Appellant was treated the day following the February 8 accident by Dr. A. L. Achenbach, an osteopathic physician. Appellant visited this doctor on two other occasions, and returned to his regular work on February 17, 1965. Before discharging appellant Dr. Achenbach advised him to secure additional medical help, specifically, suggesting Doctors Reigh and Johnson, prominent neurosurgeons. In a report filed by Dr. Achenbach on June 30, 1965, he diagnosed appellant's difficulty as acute lumbar sacro strain with no permanent disability.
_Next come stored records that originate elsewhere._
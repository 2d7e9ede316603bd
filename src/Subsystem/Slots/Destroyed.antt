-- ===== src/Subsystem/Slots/Destroyed.antt =====
-- `destroy_child` and the slot that is free after it.
use nre.Base.{
  ℕ, zero, suc, ◌+◌, ◌≤◌, ◌≡◌, ◌≢◌, refl, sym, arith, Option, none, some, List, [], ◌∷◌, get_elem?,
  set, map, get_elem?-set_ne, get_elem?-set_at, Option-cases, inl, inr, sub64,
}
use nre.Registry.{Service, notify_services}
use nre.Registry.Owners.{others, remove-others}
use nre.Subsystem.{ChildState}
use nre.Subsystem.Slots.{
  ChildManager, missing, child, get_at, get_child, index_of, free_slot, free_from, destroy_child,
}

free_from-set :
    (childs : List (Option ChildState)) (i k : ℕ) (c : Option ChildState)
    → get_elem? childs i ≡ some c
    → (j : ℕ) × (free_from (set childs i none) k ≡ some j) × (j ≤ k + i)
unfolding free_from
free_from-set [] i k c h = absurd (ground (arith, h))
free_from-set (c' ∷ childs) zero k c h = (k, refl, omega arith)
free_from-set (none ∷ childs) (suc i) k c h = (k, refl, omega arith)
free_from-set (some ch ∷ childs) (suc i) k c h =
    let (j, e, n) = free_from-set childs i (suc k) c h in (j, e, omega (arith, n))

get_at-child :
    (cm : ChildManager) (i : ℕ) (c : ChildState)
    → get_at cm i ≡ child c
    → get_elem? cm.childs i ≡ some (some c)
unfolding get_at
get_at-child cm i c h = elim (Option-cases (get_elem? cm.childs i)) [
  | inl e ↦ ground (arith, h, e)
  | inr (none, e) ↦ ground (arith, h, e)
  | inr (some d, e) ↦ ground (arith, h, e)
]

get_at-same :
    (cm cm' : ChildManager) (i : ℕ)
    → get_elem? cm'.childs i ≡ get_elem? cm.childs i
    → get_at cm' i ≡ get_at cm i
unfolding get_at
get_at-same cm cm' i h = rw (h, get_at) refl

get_at-none :
    (cm : ChildManager) (i : ℕ) → get_elem? cm.childs i ≡ some none → get_at cm i ≡ missing
unfolding get_at
get_at-none cm i h = rw (h, get_at) refl

destroyed : ChildManager → ℕ → ChildManager
destroyed cm i = record cm {
  childs = set cm.childs i none;
  registry = notify_services (others cm.registry (some i));
  child_count = sub64 cm.child_count 1;
  diesm = cm.diesm + 1;
}

destroy_child_at :
    (cm : ChildManager) (pid : ℕ) (c : ChildState)
    → get_elem? cm.childs (index_of cm pid) ≡ some (some c)
    → destroy_child cm pid ≡ some (destroyed cm (index_of cm pid))
unfolding destroy_child destroyed
destroy_child_at cm pid c h =
    rw (h, destroy_child) (rw (remove-others cm.registry (some (index_of cm pid))) refl)

-- A child that is destroyed: afterwards its slot has none and the other slots are as before, a slot
-- is free that is not behind it, the services are those of the others in their order, the semaphore of
-- each upped once and nothing else of it changed, and one child less is counted.
pub destroy_child_lem :
    (cm : ChildManager) (pid : ℕ) (c : ChildState)
    → get_child cm pid ≡ child c
    → (cm' : ChildManager) × (destroy_child cm pid ≡ some cm')
      × (get_child cm' pid ≡ missing)
      × ((i : ℕ) → i ≢ index_of cm pid → get_at cm' i ≡ get_at cm i)
      × ((j : ℕ) × (free_slot cm' ≡ some j) × (j ≤ index_of cm pid))
      × (cm'.registry
          ≡ map
              (λ (s : Service). record s { sm = s.sm + 1 })
              (others cm.registry (some (index_of cm pid))))
      × (cm'.child_count ≡ sub64 cm.child_count 1)
unfolding get_child index_of free_slot destroyed notify_services
destroy_child_lem cm pid c h =
    let i = index_of cm pid in
    let cm' = destroyed cm i in
    let at = get_at-child cm i c h in
    (
      cm',
      destroy_child_at cm pid c at,
      get_at-none cm' i (get_elem?-set_at cm.childs i none at),
      (λ j ne. get_at-same cm cm' j (get_elem?-set_ne cm.childs none (λ q. ne (sym q)))),
      (let (j, e, n) = free_from-set cm.childs i 0 (some c) at in (j, e, omega (arith, n))),
      refl,
      refl,
    )
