-- ===== src/Subsystem/Slots/Portals.antt =====
-- The selectors of the portals of all children.
use native.Mathlib.Nat.{
  mul-add-div_right, mul-add-mod_self_right, div-eq_of_lt, mod-eq_of_lt, one-le-pow, mul-le-mul,
  mul-le-mul_left,
}
use nre.Base.{ℕ, ◌+◌, ◌*◌, ◌/◌, ◌%◌, ◌^◌, ◌≤◌, ◌<◌, ◌≡◌, sym, ap, ◌∙◌, arith, sub32, add64, u32_mod}
use nre.Math.Powers.{next_pow2_lem, exponent_le}
use nre.Math.Blocks.{lower}
use nre.Subsystem.Slots.{ChildManager, per_child_caps, index_of, get_cpu, get_vector, portal_of}

-- The quotient and the rest of a sum of a multiple and something smaller.
split_sum : (q d r : ℕ) → r < d → ((q * d + r) / d ≡ q) × ((q * d + r) % d ≡ r)
split_sum q d r h =
    let pos : 0 < d = omega (arith, h) in
    (
      mul-add-div_right pos q r ∙ omega (arith, div-eq_of_lt h),
      mul-add-mod_self_right q d r ∙ mod-eq_of_lt h,
    )

-- The portals of a child: a power of two, enough for the portals on all processors, and a multiple
-- of the portals on one.
per_child_lem :
    (cm : ChildManager) (k : ℕ)
    → cm.service_caps ≡ 2 ^ k
    → 0 < cm.cpus
    → cm.service_caps * cm.cpus ≤ 2 ^ 30
    → (cm.service_caps * cm.cpus ≤ per_child_caps cm)
      × (q : ℕ) × (per_child_caps cm ≡ q * cm.service_caps)
unfolding per_child_caps
per_child_lem cm k power some_cpus few =
    let service = one-le-pow k 2 (omega arith) in
    let positive : 0 < cm.service_caps * cm.cpus = omega (
      arith,
      power,
      mul-le-mul {n₁ = 1} {m₁ = 1} {n₂ = cm.service_caps} {m₂ = cm.cpus}
          (omega (arith, power, service)) some_cpus,
    ) in
    let (m, is_power, room, _) = next_pow2_lem (cm.service_caps * cm.cpus) positive few in
    let one : 2 ^ k ≤ cm.service_caps * cm.cpus =
      omega (arith, power, mul-le-mul_left cm.service_caps some_cpus) in
    let (q, e) =
      lower (2 ^ m) m k
        (exponent_le k m (2 ^ m) (omega (arith, one, room)) (omega (arith, one-le-pow m 2)))
        (1, omega arith) in
    (omega (arith, is_power, room), q, is_power ∙ e ∙ ap (λ (x : ℕ). q * x) (sym power))

-- A power of two of portals for each processor, at most 2 ^ 30 for all processors of a child, at most
-- 256 processors, and the portals of the child below 2 ^ 32: the child, the processor and the vector
-- are found again from the selector of the portal that `load` makes for them.
pub portal_of_lem :
    (cm : ChildManager) (k i cpu vector : ℕ)
    → cm.service_caps ≡ 2 ^ k
    → cm.service_caps * cm.cpus ≤ 2 ^ 30
    → cm.cpus ≤ 2 ^ 8
    → cpu < cm.cpus
    → vector < cm.service_caps
    → cm.portal_caps + (i + 1) * per_child_caps cm < 2 ^ 32
    → (index_of cm (portal_of cm i cpu vector) ≡ i)
      × (get_cpu cm (portal_of cm i cpu vector) ≡ cpu)
      × (get_vector cm (portal_of cm i cpu vector) ≡ vector)
unfolding index_of get_cpu get_vector portal_of
portal_of_lem cm k i cpu vector power few cpus on_cpu small fits =
    let (room, q, multiple) = per_child_lem cm k power (omega (arith, on_cpu)) few in
    let per = per_child_caps cm in
    let s = cm.service_caps in
    let r = cpu * s + vector in
    let inside : r < per = omega (arith, small, room, mul-le-mul_left cm.service_caps on_cpu) in
    let offset : cpu * s % u32_mod ≡ cpu * s = omega (arith, inside, fits) in
    let pts : add64 cm.portal_caps (i * per) % u32_mod ≡ cm.portal_caps + i * per =
      omega (arith, inside, fits) in
    let selector : portal_of cm i cpu vector ≡ cm.portal_caps + i * per + cpu * s + vector =
      rw (offset, portal_of) (rw (pts, portal_of) (omega (arith, inside, fits))) in
    let off : sub32 (portal_of cm i cpu vector) cm.portal_caps ≡ i * per + r =
      omega (arith, selector, inside, fits) in
    let (child, rest) = split_sum i per r inside in
    let (on, at) = split_sum cpu s vector small in
    let spread : i * per + r ≡ (i * q + cpu) * s + vector =
      omega (arith, ap (λ (x : ℕ). i * x) multiple) in
    (
      ap (λ (x : ℕ). x / per) off ∙ child,
      ap (λ (x : ℕ). x % per / s % 2 ^ 8) off
          ∙ ap (λ (x : ℕ). x / s % 2 ^ 8) rest
          ∙ omega (arith, on, on_cpu, cpus),
      ap (λ (x : ℕ). x % s) (off ∙ spread) ∙ (split_sum (i * q + cpu) s vector small).1,
    )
Appellant testified that upon returning to work he continued to suffer from pains in his back, and that the pains extended down into his left leg. No additional treatments were obtained until after December 2, 1965, when he alleged that he had a recurrence of the injury first sustained on February 8, 1965. At the hearing before the referee, Dr. Reigh testified that on February 18, 1966, following treatments begun after the injury of December 2, 1965, he performed a partial laminectomy on appellant for the removal of a ruptured

[ 215 Pa. Super. Page 385]

    disc. He found no evidence of further disc difficulties other than a sensory deficit on appellant's left leg over the nerve root. He expressed his opinion that the rupture he operated on resulted from the accident which occurred on February 8, 1965. No rebuttal testimony was submitted by Burns Agency, the defendant-appellee.
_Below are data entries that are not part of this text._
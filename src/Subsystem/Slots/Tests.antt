-- ===== src/Subsystem/Slots/Tests.antt =====
-- The slots of a concrete child manager.
use nre.Base.{ℕ, ◌/◌, ◌≤◌, ◌≡◌, ◌≢◌, refl, arith, some, none, [], ◌∷◌, ◌+◌, map, sub64, ap}
use nre.Math.Powers.{next_pow2_run}
use nre.Registry.{Service, same_child}
use nre.Registry.Owners.{others}
use nre.Subsystem.{new_child}
use nre.Subsystem.Slots.{
  ChildManager, missing, child, get_at, get_child, get_cpu, get_vector, index_of, portal_of,
  per_child_caps, free_slot, destroy_child,
}
use nre.Subsystem.Slots.Portals.{portal_of_lem}
use nre.Subsystem.Slots.Destroyed.{destroy_child_lem}

abbrev own_service : Service
own_service = record { child = some 1; name = 0x61 ∷ []; pts = 7; count = 3; sm = 0; available = 1 }

abbrev other_service : Service
other_service = record {
  child = some 2;
  name = 0x62 ∷ [];
  pts = 9;
  count = 3;
  sm = 4;
  available = 1;
}

abbrev manager : ChildManager
manager = record {
  service_caps = 64;
  cpus = 3;
  child_count = 1;
  childs = none ∷ some new_child ∷ none ∷ [];
  portal_caps = 0x1000;
  registry = own_service ∷ other_service ∷ [];
  diesm = 0;
}

per_child : per_child_caps manager ≡ 256
unfolding per_child_caps
per_child = next_pow2_run

portal_of_lem_example :
    (index_of manager (portal_of manager 1 2 14) ≡ 1)
    × (get_cpu manager (portal_of manager 1 2 14) ≡ 2)
    × (get_vector manager (portal_of manager 1 2 14) ≡ 14)
portal_of_lem_example =
    portal_of_lem manager 6 1 2 14 refl (omega arith) (omega arith) (omega arith) (omega arith)
      (omega (arith, per_child))

index_run : index_of manager 0x1100 ≡ 1
unfolding index_of
index_run = ap (λ (n : ℕ). 256 / n) per_child

second_child : get_child manager 0x1100 ≡ child new_child
unfolding get_child get_at
second_child = rw (index_run, get_child) refl

others_run :
    map
      (λ (s : Service). record s { sm = s.sm + 1 })
      (others (own_service ∷ other_service ∷ []) (some 1))
    ≡ record other_service { sm = 5 } ∷ []
unfolding others same_child
others_run = refl

destroy_child_lem_example :
    (cm : ChildManager) × (destroy_child manager 0x1100 ≡ some cm)
    × (get_child cm 0x1100 ≡ missing)
    × ((i : ℕ) → i ≢ index_of manager 0x1100 → get_at cm i ≡ get_at manager i)
    × ((j : ℕ) × (free_slot cm ≡ some j) × (j ≤ index_of manager 0x1100))
    × (cm.registry
        ≡ map
            (λ (s : Service). record s { sm = s.sm + 1 })
            (others (own_service ∷ other_service ∷ []) (some (index_of manager 0x1100))))
    × (cm.child_count ≡ sub64 1 1)
destroy_child_lem_example = destroy_child_lem manager 0x1100 new_child second_child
On appeal, the court below reversed the Compensation Board and remitted the case to the Board.

The court took issue with the Board on its position relating to the medical evidence, stating in its opinion: ". . . a competent neurosurgeon's testimony unrebutted is basic and ignoring it is a capricious disregard of the evidence." This flat statement ignores the general principle that the Board is not required to accept the testimony of any witnesses, and this rule applies, even though the testimony is not contradicted. It is for the Board as the final fact-finding body to determine from all the evidence whether claimant has sustained the burden resting upon him, and its finding that he has not is a pure finding of fact. The appellate court must view the evidence in the light most favorable to the party having the Board's decision. Where the compensation authorities refuse to find facts in favor of the party having the burden of proof, the question on review is not whether the evidence would sustain such a finding, but whether there was a capricious disregard of competent evidence in the refusal so to find. Lowery v. Pittsburgh Coal Co., 427 Pa. 576, 235 A.2d 805 (1967).

Dr. Reigh stated that a causal connection existed between the accident of February 8, 1965, and the herniated disc that he removed. He based his opinion on what he saw at the time of the operation, and on appellant's medical history as told to him by appellant. The only question before this Court is whether the

[ 215 Pa. Super. Page 386]

Board acted in capricious disregard of the uncorroborated and uncontradicted medical testimony of Dr. Reigh in reaching its conclusions.

The Board is free to consider the basis for Dr. Reigh's conclusions and may consider his testimony in light of all the other evidence and testimony in the case. That his testimony was neither uncorroborated nor uncontradicted does not make it binding on the Board. Lowery v. Pittsburgh Coal Co., supra. Upon a careful review of the record in this case we do not find that the Board acted in capricious disregard of the medical testimony.

The decision of the court below is reversed and the order of the Workmen's Compensation Board is reinstated.

Disposition

Decision of court below reversed and order of board reinstated.